### WHAT IS BEING ASKED
Below are some records. Return exactly the lines from the one with "reply ≡ false" to the one with "on_session-counted (refused error)", and nothing else.

### SOURCE DATA
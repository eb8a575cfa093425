-- ===== src/Api/Chat/Rounds.antt =====
-- src/main.go, the loop of `streamChat`: when it ends.
use business2api.Base.{
  ℕ, zero, suc, ◌+◌, ◌-◌, ◌≤◌, ◌<◌, ◌≡◌, refl, ap, sym, ◌∙◌, Bool, true, false, List, Option, none,
  some, arith, ◌==◌, Bool-cases, inl, inr, ◌⊎◌, leb,
}
use business2api.Text.{Text}
use business2api.Pool.Account.{Settings}
use business2api.Pool.State.{AccountPool}
use business2api.Pool.Next.{next}
use business2api.Pool.Jwt.{get_jwt}
use business2api.Api.Prompt.{MediaInfo}
use business2api.Api.Chat.Session.{SessionReply, created, refused, create_session}
use business2api.Api.Chat.{
  Turn, over, counted, uncounted, Failure, Outcome, on_worth, on_status, on_reply, on_uploads,
  on_session, on_token, on_account, round, chat_loop, stream_chat, max_retries, no_failure,
  query_of,
}
use business2api.Api.Chat.Replies.{
  Upstream, Reply, no_reply, replied, Worth, needs_login, content, error_only, thought_only, empty,
  worth_of, Uploads, uploaded, upload_failed, media_refused, upload_all,
}

abbrev pub is_429 : Reply → Bool
is_429 (no_reply error) = false
is_429 (replied status body) = status == 429

abbrev pub is_uncounted : Turn → Bool
is_uncounted (uncounted failure) = true
is_uncounted _ = false

-- The upstream does not answer a chat of this round with the status 429.
abbrev pub IsCalm : Upstream → Type 0
IsCalm u = (text : Text) (files : List Text) → is_429 (u.chat text files) ≡ false

pub Turn-cases :
    (turn : Turn)
    → ((outcome : Outcome) × (turn ≡ over outcome))
      ⊎ ((last : Failure) × (turn ≡ counted last))
      ⊎ ((last : Failure) × (turn ≡ uncounted last))
Turn-cases (over outcome) = inl (outcome, refl)
Turn-cases (counted last) = inr (inl (last, refl))
Turn-cases (uncounted last) = inr (inr (last, refl))

le-cases : (m n : ℕ) → (m ≤ n) ⊎ (n < m)
le-cases m n = ground (arith, Bool-cases (leb m n))

module _ (s : Settings) (u : Upstream) where
  on_worth-counted :
      (worth : Worth) (body : Text) (failure : Failure) (p : ℕ) (pool : AccountPool)
      → is_uncounted (on_worth s u worth body failure p pool).1 ≡ false
  unfolding on_worth
  on_worth-counted needs_login body failure p pool = refl
  on_worth-counted (error_only false) body failure p pool = refl
  on_worth-counted (error_only true) body failure p pool = refl
  on_worth-counted thought_only body failure p pool = refl
  on_worth-counted empty body failure p pool = refl
  on_worth-counted content body failure p pool = refl

  on_reply-counted :
      (reply : Reply) (failure : Failure) (p : ℕ) (pool : AccountPool)
      → is_429 reply ≡ false
      → is_uncounted (on_reply s u reply failure p pool).1 ≡ false
  unfolding on_reply on_status
  on_reply-counted (no_reply error) failure p pool calm = refl
  on_reply-counted (replied status body) failure p pool calm = elim (Bool-cases (status == 200)) [
    | inl good ↦ rw (good, on_reply) (on_worth-counted (worth_of body) body failure p pool)
    | inr bad ↦ rw (bad, on_reply) (rw (calm, on_status) refl)
  ]

  module _ (text : Text) (media : List MediaInfo) (failure : Failure) (calm : IsCalm u) where
    on_uploads-counted :
        (uploads : Uploads) (p : ℕ) (pool : AccountPool)
        → is_uncounted (on_uploads s u uploads text failure p pool).1 ≡ false
    unfolding on_uploads
    on_uploads-counted upload_failed p pool = refl
    on_uploads-counted (media_refused error) p pool = refl
    on_uploads-counted (uploaded files) p pool =
        on_reply-counted (u.chat (query_of text) files) failure p pool (calm (query_of text) files)

    on_session-counted :
        (session : SessionReply) (p : ℕ) (pool : AccountPool)
        → is_uncounted (on_session s u session text media failure p pool).1 ≡ false
    unfolding on_session
    on_session-counted (refused error) p pool = refl
    on_session-counted (created session) p pool = on_uploads-counted (upload_all u media) p pool

    on_token-counted :
        (token : Option (Text × Text)) (p : ℕ) (pool : AccountPool)
        → is_uncounted (on_token s u token text media failure p pool).1 ≡ false
    unfolding on_token
    on_token-counted none p pool = refl
    on_token-counted (some token) p pool = on_session-counted (create_session u.session) p pool

    on_account-counted :
        (chosen : AccountPool × Option ℕ)
        → is_uncounted (on_account s u chosen text media failure).1 ≡ false
    unfolding on_account
    on_account-counted (pool, none) = refl
    on_account-counted (pool, some p) = on_token-counted (get_jwt (pool.heap p)) p pool

    round-counted :
        (pool : AccountPool) → is_uncounted (round s u text media failure pool).1 ≡ false
    unfolding round
    round-counted pool = on_account-counted (next s u.now u.later pool)

module _ (s : Settings) (us : ℕ → Upstream) (text : Text) (media : List MediaInfo) where
  abbrev pub Ends : Option (AccountPool × Outcome) → Type 0
  Ends r = (x : AccountPool × Outcome) × (r ≡ some x)

  chat_loop-Ends :
      (k fuel left i : ℕ) (failure : Failure) (pool : AccountPool)
      → ((j : ℕ) → k ≤ j → IsCalm (us j))
      → left + (k - i) < fuel
      → Ends (chat_loop s us text media fuel left i failure pool)
  unfolding chat_loop
  chat_loop-Ends k zero left i failure pool calm enough = absurd (omega arith)
  chat_loop-Ends k (suc fuel) zero i failure pool calm enough = (_, refl)
  chat_loop-Ends k (suc fuel) (suc left) i failure pool calm enough =
      let r = round s (us i) text media failure pool in
      elim (Turn-cases r.1) [
        | inl (outcome, at) ↦ rw (at, chat_loop) (_, refl)
        | inr (inl (last, at)) ↦
            rw (at, chat_loop) (chat_loop-Ends k fuel left (i + 1) last r.0 calm (omega arith))
        | inr (inr (last, at)) ↦ elim (le-cases k i) [
          | inl le ↦
              let turn : true ≡ false =
                ap is_uncounted (sym at)
                ∙ round-counted s (us i) text media failure (calm i le) pool in
              cc
          | inr lt ↦
              rw (at, chat_loop)
                (chat_loop-Ends k fuel (suc left) (i + 1) last r.0 calm (omega arith))
        ]
      ]

  -- If no chat is answered with the status 429 from the round `k` on, three rounds more than `k` and a
  -- last look at their number are enough for an outcome.
  pub stream_chat-Ends :
      (k : ℕ) (pool : AccountPool)
      → ((j : ℕ) → k ≤ j → IsCalm (us j))
      → Ends (stream_chat s us (k + 4) text media pool)
  unfolding stream_chat
  stream_chat-Ends k pool calm =
      chat_loop-Ends k (k + 4) max_retries 0 no_failure pool calm (omega arith)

### RESPONSE TO THIS TASK
      → is_429 reply ≡ false
      → is_uncounted (on_reply s u reply failure p pool).1 ≡ false
  unfolding on_reply on_status
  on_reply-counted (no_reply error) failure p pool calm = refl
  on_reply-counted (replied status body) failure p pool calm = elim (Bool-cases (status == 200)) [
    | inl good ↦ rw (good, on_reply) (on_worth-counted (worth_of body) body failure p pool)
    | inr bad ↦ rw (bad, on_reply) (rw (calm, on_status) refl)
  ]

  module _ (text : Text) (media : List MediaInfo) (failure : Failure) (calm : IsCalm u) where
    on_uploads-counted :
        (uploads : Uploads) (p : ℕ) (pool : AccountPool)
        → is_uncounted (on_uploads s u uploads text failure p pool).1 ≡ false
    unfolding on_uploads
    on_uploads-counted upload_failed p pool = refl
    on_uploads-counted (media_refused error) p pool = refl
    on_uploads-counted (uploaded files) p pool =
        on_reply-counted (u.chat (query_of text) files) failure p pool (calm (query_of text) files)

    on_session-counted :
        (session : SessionReply) (p : ℕ) (pool : AccountPool)
        → is_uncounted (on_session s u session text media failure p pool).1 ≡ false
    unfolding on_session
    on_session-counted (refused error) p pool = refl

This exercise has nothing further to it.